--- MATERIAL PROVIDED Enclosed Below ---

-- ===== src/Interp/Chain.antt =====
-- The list of the open upvalues of src/vm/interp/interp.cc: sorted by their slots, the highest first.
pub mod Capture
pub mod Close
pub mod Shared
pub mod Insert
use yscript.Prelude.{
  ℕ, zero, suc, ◌+◌, ◌≤◌, ◌<◌, ◌≡◌, ◌≢◌, ◌⊎◌, inl, inr, refl, sym, ap, ◌∙◌, List, [], ◌∷◌, ◌++◌,
  Bool, true, false, Option, none, some, arith, ◌==◌, ltb, leb, if◌then◌else◌, length,
  length-append, get_elem?, set, get_elem?-set_self, get_elem?-set_ne, get_elem?-lt,
  get_elem?-append_left, get_elem?-append_end, Bool-cases,
}
use yscript.Value.{Ptr, Value, nil}
use yscript.Memory.{Obj, upvalue, slot, own}
use yscript.Interp.Upvalues.{as_open, capture_loop, with_next, set_next}

-- The addresses and the slots of the upvalues on the list.
abbrev pub Opens : Type 0
Opens = List (Ptr × ℕ)

-- The first slot of the list, if any, is below `i`.
abbrev pub IsBelow : ℕ → Opens → Type 0
IsBelow i [] = Unit
IsBelow i ((_, j) ∷ us) = j < i

pub data Chain (objects : List Obj) : Option Ptr → Opens → Type 0 where
  end : Chain objects none []
  link :
      {u : Ptr} {i : ℕ} {closed : Value} {next : Option Ptr} {us : Opens}
      → get_elem? objects u ≡ some (upvalue (slot i) closed next)
      → IsBelow i us
      → Chain objects next us
      → Chain objects (some u) ((u, i) ∷ us)

-- Entries with lower slots than `i` are kept.
Chain-frame :
    (objects objects' : List Obj) {head : Option Ptr} {us : Opens} (i : ℕ)
    → ((q : Ptr) (j : ℕ) (closed : Value) (next : Option Ptr)
        → get_elem? objects q ≡ some (upvalue (slot j) closed next)
        → j < i
        → get_elem? objects' q ≡ get_elem? objects q)
    → Chain objects head us
    → IsBelow i us
    → Chain objects' head us
Chain-frame objects objects' i agree end b = end
Chain-frame objects objects' i agree (link {u = u} {i = j} {closed = v} {next = n} e below c) b =
    link (agree u j v n e b ∙ e) below
      (Chain-frame objects objects' j (λ q k w m h lt. agree q k w m h (omega arith)) c below)

abbrev pub last_of : Ptr → Opens → Ptr
last_of p [] = p
last_of p ((q, j) ∷ us) = last_of q us

-- All slots are above `local`.
abbrev pub IsAbove : ℕ → Opens → Type 0
IsAbove local [] = Unit
IsAbove local ((_, j) ∷ us) = (local < j) × IsAbove local us

last_at :
    (objects : List Obj) (p : Ptr) (i local : ℕ) (passed rest : Opens) {head : Option Ptr}
    → Chain objects head ((p, i) ∷ (passed ++ rest))
    → IsAbove local ((p, i) ∷ passed)
    → (j : ℕ) × (closed : Value) × (next : Option Ptr) × (get_elem? objects (last_of p passed)
        ≡ some (upvalue (slot j) closed next))
      × (j ≤ i)
      × (local < j)
last_at objects p i local [] rest (link {closed = v} {next = n} e b c) (h, _) =
    (i, v, n, e, omega arith, h)
last_at objects p i local ((q, j) ∷ passed) rest (link e b c) (h, hs) =
    let (k, v, n, e', le, lt) = last_at objects q j local passed rest c hs in
    (k, v, n, e', omega arith, lt)

-- The new upvalue behind those that are above it, when its entry and that of the last of them are
-- written, and no other.
module _ (objects objects' : List Obj) (local : ℕ) (created : Ptr) (rest : Opens)
    (based : Chain objects' (some created) ((created, local) ∷ rest)) where
  Chain-insert :
      (p : Ptr) (i : ℕ) (passed : Opens) {head : Option Ptr}
      → Chain objects head ((p, i) ∷ (passed ++ rest))
      → IsAbove local ((p, i) ∷ passed)
      → ((q : Ptr) (j : ℕ) (closed : Value) (next : Option Ptr)
          → get_elem? objects q ≡ some (upvalue (slot j) closed next)
          → q ≢ last_of p passed
          → get_elem? objects' q ≡ get_elem? objects q)
      → ((j : ℕ) (closed : Value) (next : Option Ptr)
          → get_elem? objects (last_of p passed) ≡ some (upvalue (slot j) closed next)
          → get_elem? objects' (last_of p passed) ≡ some (upvalue (slot j) closed (some created)))
      → Chain objects' head ((p, i) ∷ (passed ++ (created, local) ∷ rest))
  Chain-insert p i [] (link {closed = v} {next = n} e b c) (h, _) agree relinked =
      link (relinked i v n e) h based
  Chain-insert p i ((q, j) ∷ passed) (link {closed = v} {next = n} e b c) (h, hs) agree relinked =
      let (k, w, m, e', le, lt) = last_at objects q j local passed rest c hs in
      let apart : p ≢ last_of q passed = λ same.
        let both : some (upvalue (slot i) v n) ≡ some (upvalue (slot k) w m) =
          sym e ∙ ap (get_elem? objects) same ∙ e' in
        let slots : i ≡ k = cc both in omega arith in
      link (agree p i v n e apart ∙ e) b (Chain-insert q j passed c hs agree relinked)

-- Where the loop of `captureUpvalue` stops.
abbrev pub prev_of : Option Ptr → Opens → Option Ptr
prev_of prev [] = prev
prev_of prev ((p, i) ∷ us) = some (last_of p us)

abbrev pub first_of : Opens → Option Ptr
first_of [] = none
first_of ((p, i) ∷ us) = some p

pub record Stop (objects : List Obj) (local : ℕ) (us : Opens) : Type 0 where
  pub passed : Opens
  pub rest : Opens
  pub split : us ≡ passed ++ rest
  pub chain : Chain objects (first_of rest) rest
  pub above : IsAbove local passed
  pub below : IsBelow (suc local) rest

prev_of-some : (u : Ptr) (passed : Opens) → prev_of (some u) passed ≡ some (last_of u passed)
prev_of-some u [] = refl
prev_of-some u ((p, i) ∷ us) = refl

capture_step :
    (f : ℕ) (objects : List Obj) (local : ℕ) (prev : Option Ptr) (u : Ptr) (i : ℕ) (closed : Value)
    (next : Option Ptr)
    → get_elem? objects u ≡ some (upvalue (slot i) closed next)
    → ltb local i ≡ true
    → capture_loop (suc f) objects local prev (some u) ≡ capture_loop f objects local (some u) next
unfolding capture_loop
capture_step f objects local prev u i closed next e go = rw (capture_loop, e, go)

capture_loop-Stop :
    (f : ℕ) (objects : List Obj) (local : ℕ) (prev : Option Ptr) {head : Option Ptr} {us : Opens}
    → Chain objects head us
    → length us < f
    → (p : Stop objects local us) × (capture_loop f objects local prev head
        ≡ some (prev_of prev p.passed, first_of p.rest))
unfolding capture_loop
capture_loop-Stop zero objects local prev c h = absurd (omega arith)
capture_loop-Stop (suc f) objects local prev end h =
    (record { passed = []; rest = []; split = refl; chain = end; above = tt; below = tt }, refl)
capture_loop-Stop (suc f) objects local prev
      (link {u = u} {i = i} {closed = v} {next = n} {us = us} e b c) h =
    elim (Bool-cases (ltb local i)) [
      | inr stop ↦ (
        record {
          passed = [];
          rest = (u, i) ∷ us;
          split = refl;
          chain = link e b c;
          above = tt;
          below = ground arith;
        },
        rw (capture_loop, e, stop),
      )
      | inl go ↦
          let (p, run) = capture_loop-Stop f objects local (some u) c (omega arith) in
          (
            record {
              passed = (u, i) ∷ p.passed;
              rest = p.rest;
              split = ap (λ l. (u, i) ∷ l) p.split;
              chain = p.chain;
              above = (ground arith, p.above);
              below = p.below;
            },
            capture_step f objects local prev u i v n e go
                ∙ run
                ∙ ap (λ o. some (o, first_of p.rest)) (prev_of-some u p.passed),
          )
    ]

--- End of Enclosed MATERIAL PROVIDED ---

**REQUIRED WORK**
Copy out the entire listing word for word. Keep every line as it is.

**WRITTEN RESPONSE**
-- ===== src/Interp/Chain.antt =====
-- The list of the open upvalues of src/vm/interp/interp.cc: sorted by their slots, the highest first.
pub mod Capture
pub mod Close
pub mod Shared
pub mod Insert
use yscript.Prelude.{
  ℕ, zero, suc, ◌+◌, ◌≤◌, ◌<◌, ◌≡◌, ◌≢◌, ◌⊎◌, inl, inr, refl, sym, ap, ◌∙◌, List, [], ◌∷◌, ◌++◌,
  Bool, true, false, Option, none, some, arith, ◌==◌, ltb, leb, if◌then◌else◌, length,
  length-append, get_elem?, set, get_elem?-set_self, get_elem?-set_ne, get_elem?-lt,
  get_elem?-append_left, get_elem?-append_end, Bool-cases,
}
use yscript.Value.{Ptr, Value, nil}
use yscript.Memory.{Obj, upvalue, slot, own}
use yscript.Interp.Upvalues.{as_open, capture_loop, with_next, set_next}

-- The addresses and the slots of the upvalues on the list.
abbrev pub Opens : Type 0
Opens = List (Ptr × ℕ)

-- The first slot of the list, if any, is below `i`.
abbrev pub IsBelow : ℕ → Opens → Type 0
IsBelow i [] = Unit
IsBelow i ((_, j) ∷ us) = j < i

pub data Chain (objects : List Obj) : Option Ptr → Opens → Type 0 where
  end : Chain objects none []
  link :
      {u : Ptr} {i : ℕ} {closed : Value} {next : Option Ptr} {us : Opens}
      → get_elem? objects u ≡ some (upvalue (slot i) closed next)
      → IsBelow i us
      → Chain objects next us
      → Chain objects (some u) ((u, i) ∷ us)

-- Entries with lower slots than `i` are kept.
Chain-frame :
    (objects objects' : List Obj) {head : Option Ptr} {us : Opens} (i : ℕ)
    → ((q : Ptr) (j : ℕ) (closed : Value) (next : Option Ptr)
        → get_elem? objects q ≡ some (upvalue (slot j) closed next)
        → j < i
        → get_elem? objects' q ≡ get_elem? objects q)
    → Chain objects head us
    → IsBelow i us
    → Chain objects' head us
Chain-frame objects objects' i agree end b = end
Chain-frame objects objects' i agree (link {u = u} {i = j} {closed = v} {next = n} e below c) b =
    link (agree u j v n e b ∙ e) below
      (Chain-frame objects objects' j (λ q k w m h lt. agree q k w m h (omega arith)) c below)

abbrev pub last_of : Ptr → Opens → Ptr
last_of p [] = p
last_of p ((q, j) ∷ us) = last_of q us

-- All slots are above `local`.
abbrev pub IsAbove : ℕ → Opens → Type 0
IsAbove local [] = Unit
IsAbove local ((_, j) ∷ us) = (local < j) × IsAbove local us

last_at :
    (objects : List Obj) (p : Ptr) (i local : ℕ) (passed rest : Opens) {head : Option Ptr}
    → Chain objects head ((p, i) ∷ (passed ++ rest))
    → IsAbove local ((p, i) ∷ passed)
    → (j : ℕ) × (closed : Value) × (next : Option Ptr) × (get_elem? objects (last_of p passed)
        ≡ some (upvalue (slot j) closed next))
      × (j ≤ i)
      × (local < j)
last_at objects p i local [] rest (link {closed = v} {next = n} e b c) (h, _) =
    (i, v, n, e, omega arith, h)
last_at objects p i local ((q, j) ∷ passed) rest (link e b c) (h, hs) =
    let (k, v, n, e', le, lt) = last_at objects q j local passed rest c hs in
    (k, v, n, e', omega arith, lt)

-- The new upvalue behind those that are above it, when its entry and that of the last of them are
-- written, and no other.
module _ (objects objects' : List Obj) (local : ℕ) (created : Ptr) (rest : Opens)
    (based : Chain objects' (some created) ((created, local) ∷ rest)) where
  Chain-insert :
      (p : Ptr) (i : ℕ) (passed : Opens) {head : Option Ptr}
      → Chain objects head ((p, i) ∷ (passed ++ rest))
      → IsAbove local ((p, i) ∷ passed)
      → ((q : Ptr) (j : ℕ) (closed : Value) (next : Option Ptr)
          → get_elem? objects q ≡ some (upvalue (slot j) closed next)
          → q ≢ last_of p passed
          → get_elem? objects' q ≡ get_elem? objects q)
      → ((j : ℕ) (closed : Value) (next : Option Ptr)
          → get_elem? objects (last_of p passed) ≡ some (upvalue (slot j) closed next)
          → get_elem? objects' (last_of p passed) ≡ some (upvalue (slot j) closed (some created)))
      → Chain objects' head ((p, i) ∷ (passed ++ (created, local) ∷ rest))
  Chain-insert p i [] (link {closed = v} {next = n} e b c) (h, _) agree relinked =
      link (relinked i v n e) h based
  Chain-insert p i ((q, j) ∷ passed) (link {closed = v} {next = n} e b c) (h, hs) agree relinked =
      let (k, w, m, e', le, lt) = last_at objects q j local passed rest c hs in
      let apart : p ≢ last_of q passed = λ same.
        let both : some (upvalue (slot i) v n) ≡ some (upvalue (slot k) w m) =
          sym e ∙ ap (get_elem? objects) same ∙ e' in
        let slots : i ≡ k = cc both in omega arith in
      link (agree p i v n e apart ∙ e) b (Chain-insert q j passed c hs agree relinked)

-- Where the loop of `captureUpvalue` stops.
abbrev pub prev_of : Option Ptr → Opens → Option Ptr
prev_of prev [] = prev
prev_of prev ((p, i) ∷ us) = some (last_of p us)

abbrev pub first_of : Opens → Option Ptr
first_of [] = none
first_of ((p, i) ∷ us) = some p

pub record Stop (objects : List Obj) (local : ℕ) (us : Opens) : Type 0 where
  pub passed : Opens
  pub rest : Opens
  pub split : us ≡ passed ++ rest
  pub chain : Chain objects (first_of rest) rest
  pub above : IsAbove local passed
  pub below : IsBelow (suc local) rest

prev_of-some : (u : Ptr) (passed : Opens) → prev_of (some u) passed ≡ some (last_of u passed)
prev_of-some u [] = refl
prev_of-some u ((p, i) ∷ us) = refl

capture_step :
    (f : ℕ) (objects : List Obj) (local : ℕ) (prev : Option Ptr) (u : Ptr) (i : ℕ) (closed : Value)
    (next : Option Ptr)
    → get_elem? objects u ≡ some (upvalue (slot i) closed next)
    → ltb local i ≡ true
    → capture_loop (suc f) objects local prev (some u) ≡ capture_loop f objects local (some u) next
unfolding capture_loop
capture_step f objects local prev u i closed next e go = rw (capture_loop, e, go)

capture_loop-Stop :
    (f : ℕ) (objects : List Obj) (local : ℕ) (prev : Option Ptr) {head : Option Ptr} {us : Opens}
    → Chain objects head us
    → length us < f
    → (p : Stop objects local us) × (capture_loop f objects local prev head
        ≡ some (prev_of prev p.passed, first_of p.rest))
unfolding capture_loop
capture_loop-Stop zero objects local prev c h = absurd (omega arith)
capture_loop-Stop (suc f) objects local prev end h =
    (record { passed = []; rest = []; split = refl; chain = end; above = tt; below = tt }, refl)
capture_loop-Stop (suc f) objects local prev
      (link {u = u} {i = i} {closed = v} {next = n} {us = us} e b c) h =
    elim (Bool-cases (ltb local i)) [
      | inr stop ↦ (
        record {
          passed = [];
          rest = (u, i) ∷ us;
          split = refl;
          chain = link e b c;
          above = tt;
          below = ground arith;
        },
        rw (capture_loop, e, stop),
      )
      | inl go ↦
          let (p, run) = capture_loop-Stop f objects local (some u) c (omega arith) in
          (
            record {
              passed = (u, i) ∷ p.passed;
              rest = p.rest;
              split = ap (λ l. (u, i) ∷ l) p.split;
              chain = p.chain;
              above = (ground arith, p.above);
              below = p.below;
            },
            capture_step f objects local prev u i v n e go
                ∙ run
                ∙ ap (λ o. some (o, first_of p.rest)) (prev_of-some u p.passed),
          )
    ]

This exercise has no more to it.